Picturesque and Often Grand: The Androscoggin Valley
The scenery of the Androscoggin River valley, especially upriver of Rumford Falls where the River flows through a section of the Appalachian Chain of mountains, has inspired painters, photographers, writers and poets for some two centuries.
Regarding the importance of the Androscoggin valley as a route through the Appalachian Mountains . . .
The quickest access to the White Mountain range itself is gained by the valley of the Androscoggin. This noble river flows by the extreme easterly base of that range, where the forms are the most noble and imposing. Within a very few miles of the foot of Mount Washington, it receives the Peabody River, which issues from the narrow Pinkham Pass between Mount Carter and the White Mountains [Presidential Range]. This stream is supplied in part from the southeast slopes of the highest mountains of the chain, and is often swollen into a tremendous torrent by the storms, or the heavy and sudden showers that drench their sides. It is the Androscoggin which has engineered [a place] for the Grand Trunk Railway, that connects Portland and Montreal, the St. Lawrence with the Atlantic. That Company are indebted to it for service in their behalf that was patiently discharged centuries before Adam.

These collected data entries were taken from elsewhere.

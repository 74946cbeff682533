-- ===== src/Alua/Groups.antt =====
-- What the ALUA target port groups of rtslib/alua.py refuse, and what a setter leaves for the getter.
use rtslib_fb.Prelude.{
  ◌≡◌, refl, ap, ◌∙◌, ◌≢◌, Bool, true, ◌||◌, Option, none, some, [], ◌∷◌, Text, ℤ, Json, to_int,
  int_text, py_int-int_text, strip-int_text, Result, ok, err, rtslib_error, value_error, arith,
}
use rtslib_fb.Cfs.{FsPath, Kernel, World, M, ◌>>◌, raise_if, is_dir_in, fread, fwrite, is_dir}
use rtslib_fb.Cfs.Laws.{bind_ok, Stores}
use rtslib_fb.Node
use rtslib_fb.Node.{check_self, exists}
use rtslib_fb.Node.Create.{check_self_there}
use rtslib_fb.Alua.{
  Param, alua_access_status, alua_access_type, alua_access_state, alua_write_metadata, preferred,
  nonop_delay_msecs, trans_delay_msecs, implicit_trans_secs, alua_support_offline,
  alua_support_standby, alua_support_transitioning, alua_support_active_nonoptimized,
  alua_support_unavailable, alua_support_active_optimized, file_name, decode, int_value,
  default_group, below_one, above, get_param, set_param, delete, init, init_new,
}

int_value-int_text : (n : ℤ) → int_value (int_text n) ≡ ok n
unfolding int_value
int_value-int_text n = ap of_parsed (py_int-int_text n)
  where
    of_parsed : Option ℤ → Result ℤ
    of_parsed o = elim o [ none ↦ err value_error | some m ↦ ok m ]

decode_number :
    (q : Param) (n : ℤ)
    → q ≢ alua_access_status
    → q ≢ alua_access_type
    → decode q (int_text n) ≡ ok n
unfolding decode
decode_number alua_access_status n status type = absurd (status refl)
decode_number alua_access_type n status type = absurd (type refl)
decode_number alua_access_state n status type = int_value-int_text n
decode_number alua_write_metadata n status type = int_value-int_text n
decode_number preferred n status type = int_value-int_text n
decode_number nonop_delay_msecs n status type = int_value-int_text n
decode_number trans_delay_msecs n status type = int_value-int_text n
decode_number implicit_trans_secs n status type = int_value-int_text n
decode_number alua_support_offline n status type = int_value-int_text n
decode_number alua_support_standby n status type = int_value-int_text n
decode_number alua_support_transitioning n status type = int_value-int_text n
decode_number alua_support_active_nonoptimized n status type = int_value-int_text n
decode_number alua_support_unavailable n status type = int_value-int_text n
decode_number alua_support_active_optimized n status type = int_value-int_text n

module _ ⦃k : Kernel⦄ where
  -- The default group is never deleted: the call raises and changes nothing.
  pub delete_default :
      (p : FsPath) (w : World)
      → is_dir_in p w.fs ≡ true
      → delete p default_group w ≡ (err (rtslib_error "Can not delete default_tg_pt_gp"), w)
  unfolding delete check_self exists is_dir
  delete_default p w h =
      bind_ok (check_self p) (λ u. refuse >> Node.delete p) w (check_self_there p w h)
    where
      refuse : M (Unit {0})
      refuse = raise_if true (rtslib_error "Can not delete default_tg_pt_gp")

  -- A new group's tag outside of 1 to 65535 is refused before anything is made.
  pub init_tag_refused :
      (supported : M Bool) (so_path : FsPath) (name : Text) (tag : ℤ) (w w' : World)
      → supported w ≡ (ok true, w')
      → (above 65535 tag || below_one tag) ≡ true
      → init supported so_path name (some tag) w
        ≡ (err (rtslib_error "The TPG Tag must be between 1 and 65535"), w')
  unfolding init init_new
  init_tag_refused supported so_path name tag w w' yes_alua out =
      bind_ok supported (init_new so_path name tag) w yes_alua ∙ rw out

  -- Where a set of a property that the kernel stores, other than the access status and type,
  -- succeeds with a number, the get that follows returns the number and changes nothing.
  pub get-set_param :
      (p : FsPath) (q : Param) (n : ℤ) (w w' : World)
      → Stores k p (file_name q ∷ [])
      → q ≢ alua_access_status
      → q ≢ alua_access_type
      → set_param p q (Json.number n) w ≡ (ok tt, w')
      → get_param p q w' ≡ (ok n, w')
  unfolding set_param get_param fread fwrite check_self exists is_dir to_int
  get-set_param p q n w w' law status type h = ground (
    arith,
    law.stores (int_text n) w.fs w'.fs,
    law.stays (int_text n) w.fs w'.fs,
    strip-int_text n,
    decode_number q n status type,
  )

— Rev. Thomas Starr King, The White Hills: Their Legends, Landscape, and Poetry (1859)
A stereoview of Imp and North Carter mountains from the Androscoggin at Gorham, New Hampshire.
"The Androscoggin is a beautiful river, and the scenery bordering upon it is picturesque and often grand. Persons born and reared upon its banks have an attachment for it which is never weakened in after years, however distant they may wander and whatever may be the lapse of time. Its broad intervales, decorated here and there with drooping elms, rising into table lands with sunny slopes and backed by wooded hills or craggy mountains, make up a succession of vistas which become indelibly stamped upon the memory."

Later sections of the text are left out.